Who's reading blogs anyway? By which I of course mean, who's reading this blog? I'm not; are you? Occasionally, if the subject of blogs pops up (as it sometimes does when I'm in the room) someone may say I read yours and a couple of others, or they might say I sometimes read yours if it's something interesting and there's nothing real to read. More likely, following the example set by my dad, they'll say no, I don't read blogs. Not yours, no. Actually my dad was kind enough to qualify his dismissal of my efforts by saying I would have read it if you'd written one when you lived in Japan. Which is clearly to be interpreted as I'm not really interested in the day to day drudgery of your work and/or social life, or your thoughts on anything and everything, unless of course they are taking place thousands of miles away.
I could have written a blog in 2007 when I lived in Japan from February until September, teaching English to Japanese students of all ages; I had all the tools (fingers, this very laptop, eyes and a brain), I just didn't know what a blog was. The only place I had ever seen the word (probably, I don't really remember, just pretending for the sake of it) was on MySpace, which was still the done thing at the time. Obviously being on MySpace (ha ha, remember MySpace? I don't cos it was like five years ago.) it was a dreadful fiddly little function that no one ever used. I think I used it once, to write a sort-of haiku series of stanzas about some terrapins living in the pond of Osaka's shitenoji (it's a Buddhist temple). Even if I did 'get' the whole blog thing, it still probably wouldn't have occurred to me to get off my arse, kneel before my laptop and actually do some work.

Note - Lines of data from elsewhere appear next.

-- ===== src/Dependency/LayerDirection/Emitted.antt =====
-- The IDs that the rule `dependency.layer-direction` emits, against its catalog.
use go_arch_guard.Prelude.{
  String, true, not, ◌&&◌, ◌||◌, List, ◌==◌, ◌≡◌, inl, inr, refl, Map, lookup, Option-cases, All,
  All-if, All-flat_map, contains, contains_iff, has_prefix, flag, map, is_nil,
}
use go_arch_guard.Core.Violation.{Severity, Violation}
use go_arch_guard.Core.Architecture.{Architecture}
use go_arch_guard.Core.Context.{Package, Context, context_arch}
use go_arch_guard.Core.Runner.Declared.{Admits}
use go_arch_guard.Analysis.Packages.{Host, resolve_module_from_context, resolve_root_from_context}
use go_arch_guard.Analysis.Sublayer.{is_known_sublayer}
use go_arch_guard.Dependency.Classify.Metas.{validate_module-Admits}
use go_arch_guard.Dependency.Classify.{
  kind_domain, kind_orchestration, kind_shared, kind_unclassified, kind_eq, Classified,
  classify_internal_package, is_excluded_package, meta_layout_not_supported, validate_module,
  has_internal_packages, violation_specs,
}
use go_arch_guard.Dependency.LayerDirection.{
  spec, check_direction, check_domain_import, check_domain_package, check_domain, check_flat_import,
  check_flat_package, check_flat, check,
}

module _ (severity : Severity) where
  abbrev IsEmitted : Violation → Type 0
  IsEmitted v = Admits (spec severity) v.rule

  Admits-of_contains :
      (id : String)
      → contains (map (λ v. v.id) (spec severity).violations) id ≡ true
      → Admits (spec severity) id
  Admits-of_contains id h = inl (inr ((contains_iff _ id).0 h))

  direction_admitted : Admits (spec severity) "dependency.invalid-import-direction"
  unfolding spec violation_specs contains
  direction_admitted = Admits-of_contains "dependency.invalid-import-direction" refl

  pkg_admitted : Admits (spec severity) "dependency.inner-imports-pkg"
  unfolding spec violation_specs contains
  pkg_admitted = Admits-of_contains "dependency.inner-imports-pkg" refl

  unknown_admitted : Admits (spec severity) "dependency.unknown-sublayer"
  unfolding spec violation_specs contains
  unknown_admitted = Admits-of_contains "dependency.unknown-sublayer" refl

  module _ (host : Host) where
    check_direction-Emitted :
        (pkg : Package) (root path : String) (direction : Map (List String)) (domain a b : String)
        → All IsEmitted (check_direction host severity pkg root path direction domain a b)
    unfolding check_direction
    check_direction-Emitted pkg root path direction domain a b =
        All-if IsEmitted _ _ (b == "" || a == b) tt (elim (Option-cases (lookup direction a)) [
          | inl e ↦ rw e tt
          | inr (allowed, e) ↦
              rw e (All-if IsEmitted _ _ (contains allowed b) tt (direction_admitted, tt))
        ])

    check_domain_import-Emitted :
        (arch : Architecture) (pkg : Package) (src : Classified) (root prefix path : String)
        → All IsEmitted (check_domain_import host severity arch pkg src root prefix path)
    unfolding check_domain_import
    check_domain_import-Emitted arch pkg src root prefix path =
        let imp = classify_internal_package arch path prefix in
        All-if IsEmitted _ _ (not (has_prefix path prefix)) tt (
          All-if IsEmitted _ _ (kind_eq imp.kind kind_shared)
            (All-if IsEmitted _ _ (flag arch.layers.pkg_restricted src.sublayer) (pkg_admitted, tt)
              tt)
            (All-if IsEmitted _ _
              (kind_eq imp.kind kind_orchestration || kind_eq imp.kind kind_unclassified) tt
              (All-if IsEmitted _ _ (not (imp.domain == src.domain)) tt (
                All-if IsEmitted _ _
                  (not (imp.sublayer == "") && not (is_known_sublayer arch.layers imp.sublayer))
                  (unknown_admitted, tt)
                  (check_direction-Emitted pkg root path arch.layers.direction src.domain
                    src.sublayer imp.sublayer)))))

    check_domain_package-Emitted :
        (ctx : Context) (arch : Architecture) (project_module root prefix : String) (pkg : Package)
        → All IsEmitted (check_domain_package host severity ctx arch project_module root prefix pkg)
    unfolding check_domain_package
    check_domain_package-Emitted ctx arch project_module root prefix pkg =
        let src = classify_internal_package arch pkg.pkg_path prefix in
        All-if IsEmitted _ _
          (is_excluded_package ctx pkg.pkg_path project_module
            || not (has_prefix pkg.pkg_path prefix))
          tt
          (All-if IsEmitted _ _ (not (kind_eq src.kind kind_domain)) tt (
            All-if IsEmitted _ _
              (not (src.sublayer == "") && not (is_known_sublayer arch.layers src.sublayer))
              (unknown_admitted, tt)
              (All-flat_map IsEmitted _ pkg.imports
                λ path m. check_domain_import-Emitted arch pkg src root prefix path)))

    check_flat_import-Emitted :
        (arch : Architecture) (pkg : Package) (src : Classified) (root prefix path : String)
        → All IsEmitted (check_flat_import host severity arch pkg src root prefix path)
    unfolding check_flat_import
    check_flat_import-Emitted arch pkg src root prefix path =
        let imp = classify_internal_package arch path prefix in
        All-if IsEmitted _ _ (not (has_prefix path prefix)) tt (
          All-if IsEmitted _ _ (kind_eq imp.kind kind_shared)
            (All-if IsEmitted _ _ (flag arch.layers.pkg_restricted src.sublayer) (pkg_admitted, tt)
              tt)
            (All-if IsEmitted _ _
              (kind_eq imp.kind kind_orchestration || kind_eq imp.kind kind_unclassified) tt
              (check_direction-Emitted pkg root path arch.layers.direction "" src.sublayer
                imp.sublayer)))

    check_flat_package-Emitted :
        (ctx : Context) (arch : Architecture) (project_module root prefix : String) (pkg : Package)
        → All IsEmitted (check_flat_package host severity ctx arch project_module root prefix pkg)
    unfolding check_flat_package
    check_flat_package-Emitted ctx arch project_module root prefix pkg =
        let src = classify_internal_package arch pkg.pkg_path prefix in
        All-if IsEmitted _ _
          (is_excluded_package ctx pkg.pkg_path project_module
            || not (has_prefix pkg.pkg_path prefix))
          tt
          (All-if IsEmitted _ _ (not (kind_eq src.kind kind_domain)) tt (
            All-flat_map IsEmitted _ pkg.imports
              λ path m. check_flat_import-Emitted arch pkg src root prefix path))

    -- Every violation that the rule emits, on a domain or a flat layout, has an ID that its catalog
    -- declares, or a meta ID, so that `Run` never replaces it by one on an undeclared ID.
    pub layer_check-AllEmitted :
        (ctx : Context) → All (λ v. Admits (spec severity) v.rule) (check host severity ctx)
    unfolding check check_domain check_flat meta_layout_not_supported has_prefix
    layer_check-AllEmitted ctx =
        let arch = context_arch ctx in
        let project_module = resolve_module_from_context ctx "" in
        let root = resolve_root_from_context ctx "" in
        All-if IsEmitted _ _ (not (is_nil (validate_module host.format ctx.pkgs project_module)))
          (validate_module-Admits host.format (spec severity) ctx.pkgs project_module)
          (All-if IsEmitted _ _
            (not (has_internal_packages ctx.pkgs project_module arch.layout.internal_root))
            (inr refl, tt)
            (All-if IsEmitted _ _ (arch.layout.domain_dir == "")
              (All-flat_map IsEmitted _ ctx.pkgs
                λ pkg m. check_flat_package-Emitted ctx arch project_module root _ pkg)
              (All-flat_map IsEmitted _ ctx.pkgs
                λ pkg m. check_domain_package-Emitted ctx arch project_module root _ pkg)))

Had I begun the blog in Japan most days would have consisted of observations about how different everything was, but conversely how similar. In fact, I massively regret not having done that; what a wasted resource and squandered opportunity. The West (you know the west... here) is full of people who want a piece of Japan, that mystical technological mass of people and tradition and funny little doings. If I am successful in my plan to write this blog until the day I shuffle off the stage there will hopefully be further opportunities for adventure and observation. Honeymoon in Tanzania and Zanzibar? Working weekend on Moonbase-Alpha5? Riding like the one-eyed jack of diamonds with the devil close behind?
Instead of drinking whiskey and wearing a cardigan, I could have been blogging in a kimono drinking a sake one-cup, slurping ramen all over my tie like it was the most normal thing ever instead of an amplification of the vile sound of a person eating. I used to just wander around Osaka by myself looking at stuff and taking pictures and finding little places to eat things chosen pot-luck from a picture menu. On a few occasions I had to beckon waitress out of the front door in order to point at the fake plastic food in the window that vaguely resembled something looking like what I wanted to eat. Other times I ate with people more familiar to the country, people Japanese or otherwise, who could help me single out the delicious and the different. What I could have written! I've been meaning to write a post about the hot dog van on the corner of Piccadilly Gardens; that's pretty special.
All of my posts that get the most hits do so because of the pictures embedded or linked to. The two most popular for this reason are one about Ernst Haeckel, the Victorian biologist most well-known for his incredible illustrations, and one inexplicably featuring a picture of some semi-clad girls from Hollyoaks (for my American readers, Hollyoaks is a soap opera so nonsensical, hammy and unrealistic it could almost be American). Recently I've been experimenting with posts free from the clutter and distraction of pictures, in order to see my hit rate trail to nothingness. I might give up on paragraph breaks and full stops too
3 comments:
I managed to reach 100 myspace blog entries before giving up due to the horrible interface. I'd stick a link here but it all disappeared when I killed my account.
100 posts is impressive; it's a shame to lose something like that. Perhaps MySpace is one for the internet archaeologists preserving geocities and the BBC's mini-sites. Having said that, my MySpace has been dismantling itself over the last few years and I haven't looked at it since I can't remember.
that's the last time I'll read one of your blogs if all you do is slag me off. You're a very naughty boy.